Tuesday, January 26, 2010

How to get kids truly excited about Shakespeare?

This year, I will be teaching Much Ado About Nothing. It is one of my favorite Shakespeare plays, and I have taught it before with great success. Last year, the school I work at did not have this text, so I taught a brief unit on it via the movie. This year, we finally got the books, and I am excited to teach it. Even MORE exciting, a local repertory theater that specializes in the classics is going to be performing the play throughout this Spring. Could it be better timing? I think not.

However, tickets are about $16 a person. We get less than $10 per student for field trip money, and that is for the whole 10th grade, not just for my class, so I can't very well justify that this money should go towards my field trip, and besides that, that money would barely scratch the surface of paying for my trip, considering that I also have to come up with transportation to and from the theater.

Last year, I got a Target grant and did a similar trip with just my Honors students during an Ibsen unit. It was fantastic. In addition to getting the Target grant, I raised enough money from family and friends to take the students out to dinner before hand too. This meant so much to the students. It was a life changing experience for some of them. I want to see this happen again, but I do not have a grant.

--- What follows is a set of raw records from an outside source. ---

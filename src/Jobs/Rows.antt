-- ===== src/Jobs/Rows.antt =====
-- What a tenant sees of the tables of internal/config/store.go.
use inferbolt.Base.{
  ℕ, suc, ◌+◌, ◌≤◌, String, ◌≡◌, ◌≢◌, ◌↔◌, refl, ◌⊎◌, inl, inr, true, Option, none, some, List, [],
  ◌∷◌, ◌++◌, arith, eq_iff, ==_self, ==_ne, All, All-map, length, ltb, Bool-cases, ◌∙◌,
}
use inferbolt.Base.Lists.{
  drop, length-take_le, take-append-drop, drop-drop, All-take, All-drop, All-keep,
}
use inferbolt.Base.Maps.{get, get-put, values}
use inferbolt.Base.Results.{ok, ok-injective}
use inferbolt.Jobs.State.{text}
use inferbolt.Jobs.Types.{Job}
use inferbolt.Jobs.Store.{
  Db, save_job, get_job, listed, newest_first, insert_newest, matching, list_jobs, count_jobs,
}

module _ {F : Type 0} where
  -- A tenant reads a job exactly when the job is there and is its own; a job of another tenant
  -- reads as one that does not exist.
  pub get_job_iff :
      (id tenant : String) (db : Db F) (j : Job F)
      → ((get_job none id tenant db ≡ ok j) ↔ ((get db.jobs id ≡ some j) × (j.tenant_id ≡ tenant)))
        × (get db.jobs id ≡ some j
            → j.tenant_id ≢ tenant
            → get_job none id tenant db ≡ get_job none id tenant (record db { jobs = [] }))
  unfolding get_job get
  get_job_iff id tenant db j = (
    (λ h. go (get db.jobs id) refl h, λ h. ground (arith, eq_iff j.tenant_id tenant)),
    λ at foreign. ground (arith, eq_iff j.tenant_id tenant),
  )
    where
      go :
          (o : Option (Job F))
          → get db.jobs id ≡ o
          → get_job none id tenant db ≡ ok j
          → (get db.jobs id ≡ some j) × (j.tenant_id ≡ tenant)
      go none e h = ground arith
      go (some i) e h = ground (arith, eq_iff i.tenant_id tenant)

  -- A job that was saved under a new id reads back as it was saved, and no other job changes.
  get_job-save_job :
      (job : Job F) (db : Db F) (k tenant : String)
      → get db.jobs job.job_id ≡ none
      → ((save_job none job db).0 ≡ none)
        × (get_job none job.job_id job.tenant_id (save_job none job db).1 ≡ ok job)
        × (job.job_id ≢ k
            → get_job none k tenant (save_job none job db).1 ≡ get_job none k tenant db)
  unfolding save_job get_job
  get_job-save_job job db k tenant new = (
    rw new,
    rw new (rw (get-put, ==_self job.job_id) (rw (==_self job.tenant_id))),
    λ ne. rw new (rw (get-put, ==_ne job.job_id k ne)),
  )

  -- A saved id cannot be saved again.
  save_job_twice :
      (job old : Job F) (db : Db F)
      → get db.jobs job.job_id ≡ some old
      → (save_job none job db).1 ≡ db
  unfolding save_job
  save_job_twice job old db at = rw at

  abbrev pub Seen : String → String → Job F → Type 0
  Seen tenant state j = (j.tenant_id ≡ tenant) × ((state ≡ "") ⊎ (text j.state ≡ state))

  listed-Seen :
      (tenant state : String) (j : Job F) → listed tenant state j ≡ true → Seen tenant state j
  listed-Seen tenant state j h =
      ground (arith, eq_iff j.tenant_id tenant, eq_iff state "", eq_iff (text j.state) state)

  insert_newest-All :
      (P : Job F → Type 0) (j : Job F) (l : List (Job F))
      → P j
      → All P l
      → All P (insert_newest j l)
  unfolding insert_newest
  insert_newest-All P j [] p h = (p, tt)
  insert_newest-All P j (i ∷ l) p h = ground (arith, insert_newest-All P j l p h.1)

  newest_first-All : (P : Job F → Type 0) (l : List (Job F)) → All P l → All P (newest_first l)
  unfolding newest_first
  newest_first-All P [] h = tt
  newest_first-All P (j ∷ l) h =
      insert_newest-All P j (newest_first l) h.0 (newest_first-All P l h.1)

  length-insert_newest :
      (j : Job F) (l : List (Job F)) → length (insert_newest j l) ≡ suc (length l)
  unfolding insert_newest
  length-insert_newest j [] = refl
  length-insert_newest j (i ∷ l) = ground (arith, length-insert_newest j l)

  length-newest_first : (l : List (Job F)) → length (newest_first l) ≡ length l
  unfolding newest_first
  length-newest_first [] = refl
  length-newest_first (j ∷ l) =
      omega (arith, length-insert_newest j (newest_first l), length-newest_first l)

  -- Newer jobs stand before older ones.
  abbrev pub Newest : List (Job F) → Type 0
  Newest [] = Unit
  Newest (j ∷ l) = All (λ i. i.created_at ≤ j.created_at) l × Newest l

  insert_newest-Newest : (j : Job F) (l : List (Job F)) → Newest l → Newest (insert_newest j l)
  unfolding insert_newest
  insert_newest-Newest j [] n = (tt, tt)
  insert_newest-Newest j (i ∷ l) n = elim (Bool-cases (ltb j.created_at i.created_at)) [
    | inl older ↦ rw older (
      insert_newest-All (λ k. k.created_at ≤ i.created_at) j l (ground arith) n.0,
      insert_newest-Newest j l n.1,
    )
    | inr newer ↦ rw newer (
      (
        ground arith,
        All-map (λ k. k.created_at ≤ i.created_at) (λ k. k.created_at ≤ j.created_at)
            (λ k h. ground arith) l n.0,
      ),
      n,
    )
  ]

  newest_first-Newest : (l : List (Job F)) → Newest (newest_first l)
  unfolding newest_first
  newest_first-Newest [] = tt
  newest_first-Newest (j ∷ l) = insert_newest-Newest j (newest_first l) (newest_first-Newest l)

  -- A page holds only jobs of the tenant in the wanted state, at most `limit` of them; two
  -- neighbouring pages are one page of twice the size; all pages together hold as many jobs as
  -- `count_jobs` says, newest first.
  pub list_jobs_pages :
      (tenant state : String) (m n offset : ℕ) (db : Db F) (page next both : List (Job F))
      (total : ℕ)
      → list_jobs none tenant state m offset db ≡ ok page
      → list_jobs none tenant state n (offset + m) db ≡ ok next
      → list_jobs none tenant state (m + n) offset db ≡ ok both
      → count_jobs none tenant state db ≡ ok total
      → All (Seen tenant state) page
        × (length page ≤ m)
        × (page ++ next ≡ both)
        × (length (matching tenant state db) ≡ total)
        × Newest (matching tenant state db)
  unfolding list_jobs count_jobs
  list_jobs_pages tenant state m n offset db page next both total p q r t = (
    rw (← ok-injective p) (
        All-take (Seen tenant state) m (drop offset rows)
          (All-drop (Seen tenant state) offset rows seen)),
    rw (← ok-injective p) (length-take_le m (drop offset rows)),
    rw (← ok-injective p, ← ok-injective q, ← ok-injective r, ← drop-drop m offset rows)
        (take-append-drop m n (drop offset rows)),
    unfold matching in length-newest_first _ ∙ ok-injective t,
    unfold matching in newest_first-Newest _,
  )
    where
      rows : List (Job F)
      rows = matching tenant state db

      seen : All (Seen tenant state) rows
      seen =
          unfold matching in
          newest_first-All (Seen tenant state) _ (
            All-keep (Seen tenant state) (listed tenant state) (values db.jobs)
              (listed-Seen tenant state))
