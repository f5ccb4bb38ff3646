-- ===== src/Metrics.antt =====
-- The measurements of internal/metrics.
pub mod Store
pub mod Queries
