-- ===== src/Operator.antt =====
-- The Kubernetes operator (cmd/operator) and the resource it reconciles (k8s/crds).
pub mod Types
pub mod Api
pub mod Deployment
pub mod Reconcile
pub mod Phases
pub mod Arguments
pub mod Progress
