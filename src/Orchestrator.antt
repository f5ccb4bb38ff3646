-- ===== src/Orchestrator.antt =====
-- The orchestrator process (cmd/orchestrator).
pub mod Handlers
pub mod Results
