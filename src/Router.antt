-- ===== src/Router.antt =====
-- The rules that route a workload to an engine and a worker (internal/router).
pub mod Classifier
pub mod Priorities
pub mod EngineSelector
pub mod Choice
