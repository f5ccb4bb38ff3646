-- ===== src/Workers.antt =====
-- The registry of benchmark workers (internal/workers).
pub mod Registry
pub mod Selection
pub mod Liveness
pub mod History
pub mod Listing
pub mod Sorted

My brilliant idea... spend a week in the beginning of the semester selling the kids on the idea of going on a field trip to see a play and what an excellent way this is to learn about Shakespeare. Get the genuinely excited, both about studying Shakespeare and about going on a field trip. Have them identify some potential sponsors for the trip, then they can write letters to their potential sponsors asking them to sponsor their participation in the trip. It would be a great exercise in persuasive writing, and would make the trip so much more meaningful to them. To do the trip like I really want to do it (with dinner, basically), each student would need to raise about $50. I don't think that is too much.

Now the big question that I am struggling with is.... how do I get them genuinely excited about studying Shakespeare and get their total buy-in on raising $50 to go on this trip? The success of this project really hinges on them being genuinely excited about it, but I am not totally sure how to do that. I have ideas, but none of them are like sure fire going to work. Ideas? Anyone?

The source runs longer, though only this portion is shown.